Temporary files are (at least) written once and (at least) read once, your input file is (at least) read once and your output file is written once. For all these tasks you want to involve different disks, so that, while one file is being read or written, another might also be read or written at the same time.

This should answer your question: you want (ideally) for all three involved files separate disks. Perhaps the fastest disk should be assigned to the temporary file because it is probably read and written the most often.

I hope this helps.

bakunin

Peu_Mukherjee · September 8, 2017, 6:30am

I could see NLAP_TEMP is fastest directory , I added the same in sort command , but it seems not working, the awk command just takes 7 minutes , the issue is only with sort, which is taking long time .

sort -T ${NLAP_TEMP} -u ${NLAP_TEMP}/aplymeas5d.dyn.out.tmp1 > ${NLAP_HOME}/backup/aplymeas5d.dyn.final1

---------- Post updated at 05:30 AM ---------- Previous update was at 03:29 AM ----------

Please let me know how can I make sort faster, the file size is 4 GB and the sorting is taking 3 hours. we have only one disk in TEMP folder and 50GB space.

RudiC · September 8, 2017, 6:42am

You received several hints in this thread on how to accelerate the sort process. What are the results of either? Did you consult man sort for additional options?
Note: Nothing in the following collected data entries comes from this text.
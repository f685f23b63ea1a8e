-- ===== src/Connection/Transmit.antt =====
-- The loop that writes a packet, in picam/src/connection.cpp: what reaches the network, and how
-- often a connection is tried.
use hand_motion_capture.Prelude.{
  ℕ, zero, suc, ◌≤◌, ◌<◌, ◌≡◌, refl, false, ◌||◌, List, [], Option, none, some, length, arith, ltb,
  ◌==◌, Bool-cases, Option-cases, inl, inr, ◌≢◌, drop, take-advance, drop_all,
}
use hand_motion_capture.Sys.{Reply, ok, fail, eintr, epipe, econnreset}
use hand_motion_capture.Connection.State.{
  Proc, M, ◌>>=◌, Status, success, error, syscall, sent, naps,
}
use hand_motion_capture.Connection.{
  Round, next, stop, reconnect, after_write, write_some, after_round, after_reconnect, transmit,
}
use hand_motion_capture.Connection.Frame.{Ensures, Ensures-and_then, Replied, syscall-Replied}
use hand_motion_capture.Connection.Reconnect.{
  Sending, Sending-SentSome, Reconnected, reconnect-Reconnected,
}
pub use hand_motion_capture.Connection.Reconnect.{Sent, SentSome}

-- After a write: on with the loop and one reply fewer, or a return.
abbrev Rounded : List ℕ → List ℕ → Proc → ℕ → ℕ → Round → Proc → Type 0
Rounded base buffer start retries limit (next total) q =
    Sending base buffer start retries total q × (suc (length q.replies) ≤ limit)
Rounded base buffer start retries limit (stop status) q =
    (status ≢ success) × SentSome base buffer start q

after_write-Rounded :
    (base buffer : List ℕ) (start : Proc) (fd retries total limit : ℕ) (p : Proc)
    → Sending base buffer start retries total p
    → length p.replies ≤ limit
    → (r : Reply) (q : Proc) → Replied p q
    → Ensures
        (Rounded base buffer start retries limit)
        (SentSome base buffer start)
        (after_write fd buffer total r q)
unfolding after_write sent naps
after_write-Rounded base buffer start fd retries total limit p s l (ok n) q h =
    ground (arith, take-advance (sent p.events) buffer total n)
after_write-Rounded base buffer start fd retries total limit p s l (fail e) q h =
    elim (Bool-cases (e == eintr)) [
      | inl again ↦ rw again (ground arith)
      | inr other ↦ rw other (elim (Bool-cases (e == epipe || e == econnreset)) [
        | inl lost ↦ rw lost (ground arith)
        | inr failed ↦
            rw failed (λ x. cc, Sending-SentSome base buffer start retries total q (ground arith))
      ])
    ]

write_some-Rounded :
    (base buffer : List ℕ) (start : Proc) (retries total limit : ℕ) (p : Proc)
    → Sending base buffer start retries total p
    → length p.replies ≤ limit
    → p.conn.tcpfd ≢ none
    → Ensures
        (Rounded base buffer start retries limit)
        (SentSome base buffer start)
        (write_some buffer total p)
unfolding write_some
write_some-Rounded base buffer start retries total limit p s l c =
    elim (Option-cases p.conn.tcpfd) [
      | inl e ↦ absurd (c e)
      | inr (fd, e) ↦
          let written : Ensures (Rounded base buffer start retries limit)
              (SentSome base buffer start) ((syscall >>= after_write fd buffer total) p) =
            Ensures-and_then (λ r q. Replied p q) (λ q. q ≡ p) _ _ (syscall p)
              (after_write fd buffer total) (syscall-Replied p)
              (λ q e'. rw e' (Sending-SentSome base buffer start retries total p s))
              (after_write-Rounded base buffer start fd retries total limit p s l) in
          ground (arith, written)
    ]

-- What `transmit` promises when it returns: all of the buffer went out if the status is 0.
abbrev pub Transmitted : List ℕ → List ℕ → Proc → Status → Proc → Type 0
Transmitted base buffer start success q = Sent base buffer [] start q
Transmitted base buffer start (error e) q = SentSome base buffer start q

after_reconnect-Transmitted :
    (base buffer : List ℕ) (start : Proc) (total limit : ℕ) (again : ℕ → ℕ → M Status)
    → ((r t : ℕ) (q : Proc)
        → Sending base buffer start r t q
        → suc (length q.replies) ≤ limit
        → Ensures (Transmitted base buffer start) (SentSome base buffer start) (again r t q))
    → (tried : Option ℕ) (q : Proc) → Reconnected base buffer start total limit tried q
    → Ensures
        (Transmitted base buffer start)
        (SentSome base buffer start)
        (after_reconnect again buffer total tried q)
unfolding after_reconnect after_round
after_reconnect-Transmitted base buffer start total limit again ih none q h = h
after_reconnect-Transmitted base buffer start total limit again ih (some retries) q (s, l, c) =
    Ensures-and_then (Rounded base buffer start retries limit) (SentSome base buffer start) _ _
      (write_some buffer total q) (after_round again retries)
      (write_some-Rounded base buffer start retries total limit q s l c) (λ _ h. h) on_round
  where
    on_round :
        (r : Round) (z : Proc)
        → Rounded base buffer start retries limit r z
        → Ensures
            (Transmitted base buffer start)
            (SentSome base buffer start)
            (after_round again retries r z)
    on_round (next total') z h = ih retries total' z h.0 h.1
    on_round (stop success) z h = absurd (h.0 refl)
    on_round (stop (error e)) z h = h.1

transmit-Transmitted :
    (fuel : ℕ) (base buffer : List ℕ) (start : Proc) (retries total : ℕ) (p : Proc)
    → Sending base buffer start retries total p
    → length p.replies < fuel
    → Ensures
        (Transmitted base buffer start)
        (SentSome base buffer start)
        (transmit fuel buffer retries total p)
unfolding transmit
transmit-Transmitted zero base buffer start retries total p s l = absurd (omega arith)
transmit-Transmitted (suc fuel) base buffer start retries total p s l =
    elim (Bool-cases (ltb total (length buffer))) [
      | inr done ↦ rw (done, Ensures) (sent_all done)
      | inl more ↦
          rw (more, Ensures)
            (Ensures-and_then (Reconnected base buffer start total (length p.replies))
              (SentSome base buffer start) _ _ (reconnect (suc fuel) retries p)
              (after_reconnect (transmit fuel buffer) buffer total)
              (reconnect-Reconnected base buffer start (suc fuel) retries total (length p.replies) p
                s l (omega arith))
              (λ _ h. h)
              (after_reconnect-Transmitted base buffer start total (length p.replies)
                (transmit fuel buffer)
                (λ r t q s' u. transmit-Transmitted fuel base buffer start r t q s' (omega arith))))
    ]
  where
    sent_all : ltb total (length buffer) ≡ false → Sent base buffer [] start p
    sent_all done =
        let none_left : drop total buffer ≡ [] = drop_all total buffer (ground arith) in
        record {
          progress = rw none_left at s.progress;
          at_most_twice = omega arith;
          same_timestamps = s.same_timestamps;
        }

-- A whole call, from the start of the buffer.
pub transmit_lem :
    (buffer : List ℕ) (p : Proc)
    → Ensures
        (Transmitted (sent p.events) buffer p)
        (SentSome (sent p.events) buffer p)
        (transmit (suc (length p.replies)) buffer 0 0 p)
transmit_lem buffer p =
    transmit-Transmitted (suc (length p.replies)) (sent p.events) buffer p 0 0 p (ground arith)
      (omega arith)
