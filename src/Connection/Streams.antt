-- ===== src/Connection/Streams.antt =====
-- `stream_pkt` and `end_stream` of picam/src/connection.cpp as wholes.
use hand_motion_capture.Prelude.{
  ℕ, zero, suc, ◌+◌, ◌≤◌, ◌<◌, ◌≡◌, refl, ◌∙◌, List, [], ◌∷◌, ◌++◌, none, some, length, arith, ltb,
  Bool-cases, inl, inr, take, drop, append-nil,
}
use hand_motion_capture.Sys.{Reply, ok, fail, epipe, Progress}
use hand_motion_capture.Connection.State.{
  closed, wrote, Proc, returns, success, syscall, note, sent,
}
use hand_motion_capture.Connection.{
  reconnect, after_write, write_some, after_round, after_reconnect, transmit, packet,
  end_stream_bytes, stream_pkt, end_stream, pop_timestamp,
}
use hand_motion_capture.Connection.Frame.{Ensures}
use hand_motion_capture.Connection.Transmit.{Sent, SentSome, Transmitted, transmit_lem}

-- With a timestamp queued, whatever the system replies, `stream_pkt` takes the oldest and is never
-- undefined or out of fuel. Wherever it stops, at a return, an exception or a missing reply, the bytes
-- handed to the network since the start are a prefix of the packet, in order and without gaps, it
-- has slept at most twice, and the other timestamps are untouched. If it returns success, the
-- bytes are the whole packet.
pub stream_pkt_sends :
    (payload : List ℕ) (p : Proc) (timestamp : ℕ) (rest : List ℕ)
    → p.conn.frame_timestamps ≡ timestamp ∷ rest
    → Ensures
        (Transmitted (sent p.events) (packet timestamp payload) (pop_timestamp rest p))
        (SentSome (sent p.events) (packet timestamp payload) (pop_timestamp rest p))
        (stream_pkt payload p)
unfolding stream_pkt
stream_pkt_sends payload p timestamp rest e =
    ground (arith, transmit_lem (packet timestamp payload) (pop_timestamp rest p))

-- The same for `end_stream` and the notice: never undefined or out of fuel, a prefix of the notice
-- wherever it stops, at most two sleeps, the timestamps untouched, and the whole notice on success.
pub end_stream_sends :
    (p : Proc)
    → Ensures
        (Transmitted (sent p.events) end_stream_bytes p)
        (SentSome (sent p.events) end_stream_bytes p)
        (end_stream p)
unfolding end_stream
end_stream_sends p = transmit_lem end_stream_bytes p

-- One round of the loop on a connected socket, for each reply of `write`.
module _ (fuel : ℕ) (buffer : List ℕ) (retries total fd : ℕ) (p : Proc) (replies : List Reply)
    (more : total < length buffer) (open_fd : p.conn.tcpfd ≡ some fd) where
  pub transmit-ok :
      (n : ℕ)
      → p.replies ≡ ok n ∷ replies
      → transmit (suc fuel) buffer retries total p
        ≡ transmit fuel buffer retries
            (total + n)
            (note (wrote fd (take n (drop total buffer))) (record p { replies = replies }))
  unfolding transmit reconnect after_reconnect write_some syscall after_write after_round
  transmit-ok n r = ground arith

  pub transmit-epipe :
      p.replies ≡ fail epipe ∷ replies
      → transmit (suc fuel) buffer retries total p
        ≡ transmit fuel buffer retries total (record p {
          conn = record (p.conn) { tcpfd = none };
          replies = replies;
          errno = epipe;
          events = closed fd ∷ p.events;
        })
  unfolding transmit reconnect after_reconnect write_some syscall after_write after_round
  transmit-epipe r = ground arith

pub transmit_done :
    (fuel : ℕ) (buffer : List ℕ) (retries total : ℕ) (p : Proc)
    → length buffer ≤ total
    → transmit (suc fuel) buffer retries total p ≡ returns success p
unfolding transmit
transmit_done fuel buffer retries total p h = ground arith

-- A connected socket that takes a byte or more each time.
transmit_succeeds :
    (fuel : ℕ) (buffer : List ℕ) (retries total fd : ℕ) (p : Proc) (replies : List Reply)
    → p.conn.tcpfd ≡ some fd
    → p.replies ≡ replies
    → Progress replies
    → length buffer ≤ total + length replies
    → length replies < fuel
    → (q : Proc) × (transmit fuel buffer retries total p ≡ returns success q)
      × (q.conn.tcpfd ≡ some fd)
unfolding transmit
transmit_succeeds zero buffer retries total fd p replies c r g l h = absurd (omega arith)
transmit_succeeds (suc fuel) buffer retries total fd p [] c r g l h = (p, ground arith, c)
transmit_succeeds (suc fuel) buffer retries total fd p (fail e ∷ replies) c r g l h = absurd g
transmit_succeeds (suc fuel) buffer retries total fd p (ok n ∷ replies) c r g l h =
    elim (Bool-cases (ltb total (length buffer))) [
      | inr done ↦ (p, ground arith, c)
      | inl more ↦
          let q : Proc =
            note (wrote fd (take n (drop total buffer))) (record p { replies = replies }) in
          let (z, e, o) =
            transmit_succeeds fuel buffer retries (total + n) fd q replies c refl g.1 (omega arith)
              (omega arith) in
          (z, transmit-ok fuel buffer retries total fd p replies (ground arith) c n r ∙ e, o)
    ]

module _ (payload : List ℕ) (p : Proc) (timestamp fd : ℕ) (rest : List ℕ)
    (t : p.conn.frame_timestamps ≡ timestamp ∷ rest) (c : p.conn.tcpfd ≡ some fd)
    (g : Progress p.replies) (l : length (packet timestamp payload) ≤ length p.replies) where
  -- The same as `stream_pkt_succeeds`, and the connection stays open.
  pub stream_pkt_stays :
      (q : Proc) × (stream_pkt payload p ≡ returns success q)
      × (sent q.events ≡ sent p.events ++ packet timestamp payload)
      × (q.conn.frame_timestamps ≡ rest)
      × (q.conn.tcpfd ≡ some fd)
  unfolding stream_pkt
  stream_pkt_stays =
      let start = pop_timestamp rest p in
      let (q, e, o) =
        transmit_succeeds (suc (length p.replies)) (packet timestamp payload) 0 0 fd start p.replies
          c refl g (omega arith) (omega arith) in
      let s : Sent (sent p.events) (packet timestamp payload) [] start q =
        rw e at (transmit_lem (packet timestamp payload) start) in
      (q, ground (arith, e), ground (arith, s, append-nil (sent q.events)), s.same_timestamps, o)

-- On an open connection, with a timestamp queued, writes that each take a byte or more, and as many
-- replies as the packet has bytes, `stream_pkt` returns success, has sent the whole packet and taken
-- one timestamp.
pub stream_pkt_succeeds :
    (payload : List ℕ) (p : Proc) (timestamp fd : ℕ) (rest : List ℕ)
    → p.conn.frame_timestamps ≡ timestamp ∷ rest
    → p.conn.tcpfd ≡ some fd
    → Progress p.replies
    → length (packet timestamp payload) ≤ length p.replies
    → (q : Proc) × (stream_pkt payload p ≡ returns success q)
      × (sent q.events ≡ sent p.events ++ packet timestamp payload)
      × (q.conn.frame_timestamps ≡ rest)
stream_pkt_succeeds payload p timestamp fd rest t c g l =
    let (q, e, s, k, o) = stream_pkt_stays payload p timestamp fd rest t c g l in (q, e, s, k)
rbatte1 · September 8, 2017, 7:19am

Did you check that the directories are on different physical disks? By that, you need to check that they are separate filesystems and where those filesystems are built from, not just that the directories are different. What you may think of as a single update to a file will cause multiple updates on the disk. There is at least:-

the actual disk block for the data
the file's inode update with the last modified time
the directory (for a new file or rename) and it's inode
the filesystem superblock (usually plural) when you get a new disk block from the free list by creating or extending the file

You also have to consider contention from other processing and if this is using NFS mounted filesystems, then you have the overhead of network traffic to bring into it.

I don't know how you have your disks provisioned. Can you explain it? If it is SAN, then that might be more difficult to speed up and depends on the disk at the back-end, the fibre capacity etc. At the other extreme, a PC with a single disk is just going to have contention even if you have a large disk cache.

Overall, if you have lots of data it is just going to take a while. I doubt I will be able to better the suggestions from my fellow learned members. How big is your input file anyway? (in bytes and records) If you try to do too much processing in one chunk, then you may also exhaust memory and cause your server to page/swap. Keeping this to discreet steps may alleviate that bottleneck but may cost more in disk IO. It is difficult to tell.

If you don't mind the 13th field still being there (given that they are all to be 9999 ) you might be able to save a little by stripping it right back and doing this:-

grep -E ",9999$" hist1.out | sort -uT ${NLAP_TEMP} > hist2.final

That -u flag on the sort saves the process and therefore all the memory (risk of paging/swapping) and passing the data between them, so that might help.

I hope that this is useful, but there will always be a limit we will hit.

Robin

Peu_Mukherjee · September 12, 2017, 5:03am

I tried all the options, but sort is not returning faster.

Since we have one CPU, should we go for splitting the file, then sorting individual files and then merging into a single file?

Corona688 · September 12, 2017, 11:22am

What about all the questions people asked you?

What physical disks are your various folders on?

If you don't know, trying random folders is unlikely to help.